Antonia Appointed Director Of DCI Center For Cancer Immunotherapy

Published

archive alertFrom the Duke Cancer Institute archives. Content may be out of date.

Scott Antonia, MD, PhD, who joined Duke on Monday, Feb. 25, has been appointed director of the newly formed DCI Center for Cancer Immunotherapy, a DCI Strategic Plan priority that aims to enhance the institute’s ability to develop and test novel immunotherapeutic approaches. In addition to his leadership role, Antonia will have a clinical focus in the DCI Thoracic Oncology disease group as professor of Medical Oncology.

After completing his medical oncology training and post-doctoral fellowship in the Flavell Lab at the Yale University School of Medicine, he joined H. Lee Moffitt Cancer Center in 1994. There, for the past seven years, he served as chairman of the Department of Thoracic Oncology where he had oversight of a multidisciplinary clinic that saw 1,400 new lung cancer patients each year. He also built an active lung cancer clinical research program that resulted in 225 patients accrued to therapeutic clinical trials each year; half of which were investigator initiated trials (IITs), the majority being immunotherapy-focused. While at Moffitt Cancer Center Antonia was recognized as Physician of the Year (2005), Mentor of the Year (2008), and Researcher of the Year (2018).

Antonia is recognized as a global leader in the development of immunotherapy for lung cancer. He served as the global principal investigator for the practice-changing Pacific study, which established, as the new global standard of care, anti-PDL1 as consolidative therapy after combined chemo-radiation therapy for locally advanced non-small cell lung cancer. He was also the lead investigator of trials that established the clinical activity of immunotherapy for small cell lung cancer, resulting in the inclusion of this modality in the NCCN guidelines.

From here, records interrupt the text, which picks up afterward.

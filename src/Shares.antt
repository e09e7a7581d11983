-- ===== src/Shares.antt =====
-- apps/api/src/modules/shares/shares.service.ts and shares.repository.ts: share links. The table of
-- workspaces and the audit log are those of the workspaces service. `now` is the time of the request,
-- the same at each reading of the clock in one. The events that repeat the audit log are left out.
pub mod Payloads
pub mod Creation
pub mod Forks
pub mod Listing
pub mod Clean
pub mod Stored
pub mod Histories
pub mod Changes
pub mod Ended
pub mod Counting
pub mod Views
mod Tests
use soroban_dev_console.Shared.{
  ℕ, ◌+◌, String, Bool, true, false, not, ◌&&◌, ◌||◌, Option, none, some, List, [], ◌∷◌, ◌++◌, map,
  ltb, length, select, find, any, take, drop, str_eq, if◌then◌else◌,
}
use soroban_dev_console.Sanitizer.{Json}
use soroban_dev_console.Workspaces.{Workspace, Store, has_id, logged, or_else}

pub record Share {ℓ} (S : Type ℓ) : Type ℓ where
  pub id : String
  pub workspace_id : String
  pub token : String
  pub label : Option String
  pub snapshot_json : Json S
  pub view_count : ℕ
  pub expires_at : Option ℕ
  pub revoked_at : Option ℕ
  pub created_at : ℕ

pub record AccessLog : Type 0 where
  pub share_id : String
  pub accessed_at : ℕ
  pub ip : Option String
  pub user_agent : Option String

pub record Links {ℓ} (S : Type ℓ) : Type ℓ where
  pub store : Store
  pub shares : List (Share S)
  pub access_logs : List AccessLog

-- The value, or the exception of this kind.
pub data Outcome {ℓ} (A : Type ℓ) : Type ℓ where
  done : A → Outcome A
  not_found forbidden gone bad_request conflict internal_error : Outcome A

pub record PublicShareView {ℓ} (S : Type ℓ) : Type ℓ where
  pub token : String
  pub label : Option String
  pub snapshot_json : Json S
  pub expires_at : Option ℕ
  pub created_at : ℕ
  pub view_count : ℕ

abbrev pub is_some {ℓ} : {A : Type ℓ} → Option A → Bool
is_some none = false
is_some (some x) = true

-- `expiresAt && expiresAt < new Date()`
abbrev pub is_expired : ℕ → Option ℕ → Bool
is_expired now none = false
is_expired now (some t) = ltb t now

-- `!workspace || workspace.ownerKey !== ownerKey`
abbrev pub is_owned_by : String → Option Workspace → Bool
is_owned_by owner_key none = false
is_owned_by owner_key (some w) = str_eq w.owner_key owner_key

module _ {ℓ} {S : Type ℓ} where
  abbrev pub has_token : String → Share S → Bool
  has_token token share = str_eq share.token token

  abbrev pub viewed : Share S → Share S
  viewed share = record share { view_count = share.view_count + 1 }

  -- `update({ where: { token }, data })`
  unfoldable pub update_token : String → (Share S → Share S) → List (Share S) → List (Share S)
  update_token token f [] = []
  update_token token f (s ∷ shares) =
      (if has_token token s then f s else s) ∷ update_token token f shares

  abbrev pub view_of : Share S → PublicShareView S
  view_of share = record {
    token = share.token;
    label = share.label;
    snapshot_json = share.snapshot_json;
    expires_at = share.expires_at;
    created_at = share.created_at;
    view_count = share.view_count + 1;
  }

  unfoldable pub resolve :
      ℕ → String → Option String → Option String → Links S → Outcome (PublicShareView S) × Links S
  resolve now token ip user_agent l = elim (find (has_token token) l.shares) [
    | none ↦ (not_found, l)
    | some share ↦
        if is_some share.revoked_at
        then (forbidden, l)
        else if is_expired now share.expires_at
        then (gone, l)
        else (
          done (view_of share),
          record l {
            shares = update_token token viewed l.shares;
            access_logs =
                l.access_logs
                ++ record {
                  share_id = share.id;
                  accessed_at = now;
                  ip = ip;
                  user_agent = user_agent;
                }
                  ∷ [];
          },
        )
  ]

  abbrev pub audited : String → String → String → Links S → Links S
  audited actor action id l = record l { store = logged actor action id l.store.rows l.store }

  unfoldable pub revoke : ℕ → String → String → Links S → Outcome (Share S) × Links S
  revoke now token owner_key l = elim (find (has_token token) l.shares) [
    | none ↦ (not_found, l)
    | some share ↦
        if not (is_owned_by owner_key (find (has_id share.workspace_id) l.store.rows))
        then (forbidden, l)
        else if is_some share.revoked_at
        then (done share, l)
        else (
          done (record share { revoked_at = some now }),
          audited owner_key "share.revoked" share.id (record l {
            shares = update_token token (λ s. record s { revoked_at = some now }) l.shares;
          }),
        )
  ]

  -- `deleteExpiredAndRevoked`; the database deletes the access logs of a deleted share with it.
  abbrev pub is_ended : ℕ → Share S → Bool
  is_ended now share = is_some share.revoked_at || is_expired now share.expires_at

  abbrev pub is_log_of : List (Share S) → AccessLog → Bool
  is_log_of shares log = any (λ s. str_eq s.id log.share_id) shares

  unfoldable pub cleanup : ℕ → Links S → ℕ × Links S
  cleanup now l =
      let ended = select (is_ended now) l.shares in
      (
        length ended,
        record l {
          shares = select (λ s. not (is_ended now s)) l.shares;
          access_logs = select (λ log. not (is_log_of ended log)) l.access_logs;
        },
      )
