-- ===== src/Shares/Payloads.antt =====
-- apps/api/src/modules/shares/shares.service.ts: `sortJsonKeys`, `getJsonDepth` and
-- `normalizeSnapshot`. `sort` is `Array.prototype.sort` and `parse` is `JSON.parse`, which gives
-- nothing where it throws.
use Prim.Native.Nat.{max}
use soroban_dev_console.Shared.{
  ℕ, ◌+◌, String, Option, none, some, List, [], ◌∷◌, str_eq, if◌then◌else◌,
}
use soroban_dev_console.Sanitizer.{
  Json, scalar, literal, array, object, Items, nil, cons, Fields, end, field,
}

-- `Object.keys`
unfoldable pub keys {ℓ} : {S : Type ℓ} → Fields S → List String
keys end = []
keys (field key v fields) = key ∷ keys fields

unfoldable pub get_field {ℓ} : {S : Type ℓ} → String → Fields S → Option (Json S)
get_field key end = none
get_field key (field k v fields) = if str_eq k key then some v else get_field key fields

-- `for (const key of sortedKeys) result[key] = …`
unfoldable pub rebuilt {ℓ} : {S : Type ℓ} → List String → Fields S → Fields S
rebuilt [] fields = end
rebuilt (key ∷ sorted) fields = elim (get_field key fields) [
  | none ↦ rebuilt sorted fields
  | some v ↦ field key v (rebuilt sorted fields)
]

module _ (sort : List String → List String) where
  unfoldable mutual
    pub sort_json_keys {ℓ} : {S : Type ℓ} → Json S → Json S
    sort_json_keys (scalar x) = scalar x
    sort_json_keys (literal s) = literal s
    sort_json_keys (array items) = array (sort_items items)
    sort_json_keys (object fields) = object (rebuilt (sort (keys fields)) (sort_fields fields))

    pub sort_items {ℓ} : {S : Type ℓ} → Items S → Items S
    sort_items nil = nil
    sort_items (cons v items) = cons (sort_json_keys v) (sort_items items)

    pub sort_fields {ℓ} : {S : Type ℓ} → Fields S → Fields S
    sort_fields end = end
    sort_fields (field key v fields) = field key (sort_json_keys v) (sort_fields fields)

unfoldable mutual
  pub json_depth {ℓ} : {S : Type ℓ} → Json S → ℕ → ℕ
  json_depth (scalar x) depth = depth
  json_depth (literal s) depth = depth
  json_depth (array nil) depth = depth
  json_depth (array (cons v items)) depth =
      max (json_depth v (depth + 1)) (items_depth items (depth + 1))
  json_depth (object end) depth = depth
  json_depth (object (field key v fields)) depth =
      max (json_depth v (depth + 1)) (fields_depth fields (depth + 1))

  -- The greatest depth of these items, 0 of none.
  pub items_depth {ℓ} : {S : Type ℓ} → Items S → ℕ → ℕ
  items_depth nil depth = 0
  items_depth (cons v items) depth = max (json_depth v depth) (items_depth items depth)

  pub fields_depth {ℓ} : {S : Type ℓ} → Fields S → ℕ → ℕ
  fields_depth end depth = 0
  fields_depth (field key v fields) depth = max (json_depth v depth) (fields_depth fields depth)

-- The argument is nothing where the field is absent; the result is nothing where the code throws.
unfoldable pub normalize_snapshot {ℓ} :
    {S : Type ℓ} → (String → Option (Json S)) → Option (Json S) → Option (Json S)
normalize_snapshot parse none = none
normalize_snapshot parse (some (literal s)) = parse s
normalize_snapshot parse (some (object fields)) = some (object fields)
normalize_snapshot parse (some v) = none
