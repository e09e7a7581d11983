-- ===== src/Shares/Creation.antt =====
-- apps/api/src/modules/shares/shares.service.ts: `resolveExpiry` and `create`. The id and the token
-- are arguments. `parse` is `JSON.parse`, `size` the length of what `JSON.stringify` gives, `date` the
-- time of a date as text, nothing for an invalid one, and `year_later` the time one year later. The
-- text `null` as a snapshot is left out.
use soroban_dev_console.Shared.{
  ℕ, ◌+◌, ◌*◌, String, Bool, true, false, not, Option, none, some, List, [], ◌∷◌, ◌++◌, ltb, leb,
  find, any, str_eq, if◌then◌else◌,
}
use soroban_dev_console.Sanitizer.{Json, SanitizedSnapshotResult, sanitize_snapshot_payload}
use soroban_dev_console.Workspaces.{has_id, truthy}
use soroban_dev_console.Shares.{
  Share, Links, Outcome, done, not_found, forbidden, bad_request, conflict, internal_error,
  has_token, audited,
}
use soroban_dev_console.Shares.Payloads.{sort_json_keys, json_depth, normalize_snapshot}

abbrev pub max_snapshot_size_bytes : ℕ
max_snapshot_size_bytes = 500000

abbrev pub max_json_depth : ℕ
max_json_depth = 10

pub record CreateShareDto {ℓ} (S : Type ℓ) : Type ℓ where
  pub workspace_id : String
  pub label : Option String
  pub snapshot_json : Option (Json S)
  pub exclude_custom_auth_headers : Option Bool
  pub expires_at : Option String
  pub expires_in_seconds : Option ℕ

-- No expiry, a time, or an `Invalid Date`; or the request is refused.
pub data Expiry : Type 0 where
  never invalid refused : Expiry
  at : ℕ → Expiry

module _ (date : String → Option ℕ) (year_later : ℕ → ℕ) where
  abbrev pub bounded : ℕ → ℕ → Expiry
  bounded now t = if leb t now then refused else if ltb (year_later now) t then refused else at t

  abbrev pub expiry_at : ℕ → Option String → Expiry
  expiry_at now none = never
  expiry_at now (some text) = elim (truthy text) [
    | none ↦ never
    | some t ↦ elim (date t) [ none ↦ invalid | some time ↦ bounded now time ]
  ]

  unfoldable pub resolve_expiry : ℕ → Option ℕ → Option String → Expiry
  resolve_expiry now (some seconds) expires_at = bounded now (now + seconds * 1000)
  resolve_expiry now none expires_at = expiry_at now expires_at

-- `dto.excludeCustomAuthHeaders !== false`
abbrev pub is_excluding : Option Bool → Bool
is_excluding none = true
is_excluding (some b) = b

abbrev pub unsanitized {ℓ} : {S : Type ℓ} → Json S → SanitizedSnapshotResult S
unsanitized v = record { snapshot = v; detected_sensitive_keys = []; sanitized = false }

pub record Created {ℓ} (S : Type ℓ) : Type ℓ where
  pub share : Share S
  pub sanitized : Bool
  pub stripped_sensitive_keys : List String

abbrev pub row_of {ℓ} :
    {S : Type ℓ} → ℕ → String → String → CreateShareDto S → Json S → Option ℕ → Share S
row_of now id token dto snapshot expires_at = record {
  id = id;
  workspace_id = dto.workspace_id;
  token = token;
  label = dto.label;
  snapshot_json = snapshot;
  view_count = 0;
  expires_at = expires_at;
  revoked_at = none;
  created_at = now;
}

module _ {ℓ} {S : Type ℓ} (lower : String → String) (sort : List String → List String)
    (parse : String → Option (Json S)) (size : Json S → ℕ) (date : String → Option ℕ)
    (year_later : ℕ → ℕ) where
  -- `repository.create`: an invalid date or a known token is refused by the database.
  unfoldable pub save :
      ℕ
      → String
      → String
      → String
      → CreateShareDto S
      → Expiry
      → SanitizedSnapshotResult S
      → Json S
      → Links S
      → Outcome (Created S) × Links S
  save now id token owner_key dto expiry out snapshot l =
      let saved : Option ℕ → Outcome (Created S) × Links S = λ expires_at. (
        done (record {
          share = row_of now id token dto snapshot expires_at;
          sanitized = out.sanitized;
          stripped_sensitive_keys = out.detected_sensitive_keys;
        }),
        audited owner_key "share.created" id
            (record l { shares = l.shares ++ row_of now id token dto snapshot expires_at ∷ [] }),
      ) in
      if any (λ s. str_eq s.id id) l.shares
      then (conflict, l)
      else if any (has_token token) l.shares
      then (conflict, l)
      else elim expiry [
        | never ↦ saved none
        | at t ↦ saved (some t)
        | invalid ↦ (internal_error, l)
        | refused ↦ (bad_request, l)
      ]

  -- The checks of the snapshot, and the write.
  unfoldable pub check :
      ℕ
      → String
      → String
      → String
      → CreateShareDto S
      → Expiry
      → Json S
      → Links S
      → Outcome (Created S) × Links S
  check now id token owner_key dto expiry snapshot l =
      let out =
        if is_excluding dto.exclude_custom_auth_headers
        then sanitize_snapshot_payload lower sort snapshot
        else unsanitized snapshot in
      let deterministic = sort_json_keys sort out.snapshot in
      if ltb max_snapshot_size_bytes (size deterministic)
      then (bad_request, l)
      else if ltb max_json_depth (json_depth deterministic 0)
      then (bad_request, l)
      else save now id token owner_key dto expiry out deterministic l

  -- The rest of `create`, once the expiry is known.
  unfoldable pub proceed :
      ℕ
      → String
      → String
      → String
      → CreateShareDto S
      → Expiry
      → Option (Json S)
      → Links S
      → Outcome (Created S) × Links S
  proceed now id token owner_key dto refused snapshot l = (bad_request, l)
  proceed now id token owner_key dto expiry none l = (bad_request, l)
  proceed now id token owner_key dto expiry (some snapshot) l =
      check now id token owner_key dto expiry snapshot l

  unfoldable pub create :
      ℕ → String → String → String → CreateShareDto S → Links S → Outcome (Created S) × Links S
  create now id token owner_key dto l =
      let expiry = resolve_expiry date year_later now dto.expires_in_seconds dto.expires_at in
      elim (find (has_id dto.workspace_id) l.store.rows) [
        | none ↦ (not_found, l)
        | some w ↦
            if not (str_eq w.owner_key owner_key)
            then (forbidden, l)
            else proceed now id token owner_key dto expiry
                (normalize_snapshot parse dto.snapshot_json) l
      ]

For the past 10 years, Antonia served on the Administrative Core of the U54-funded academic partnership between the Ponce School of Medicine in Puerto Rico and Moffitt Cancer Center. He is currently the principal investigator of another multi-project, multi-institution grant funded by the Stand Up to Cancer organization (Tumor infiltrating lymphocyte adoptive T cell therapy for NSCLC). He is also the PI on an R01, and a recently awarded U01 from the NCI.

For 25 years at Moffitt Cancer Center, Antonia directed a translational research program that’s overall goal is to develop immunotherapeutic strategies for the treatment of cancer patients; using tumor vaccines or adoptive T cell therapies in combination with immunomodulatory strategies designed to thwart the immunosuppressive mechanisms used by tumors to evade T cell mediated rejection. He has extensive experience in conducting early-phase, first-in-man clinical trials testing therapeutic tumor vaccines and immunomodulatory antibodies. The latter includes anti-CTLA.4 (tremelimumab), an activating anti-CD40 antibody, and anti-PD1/PD-L1.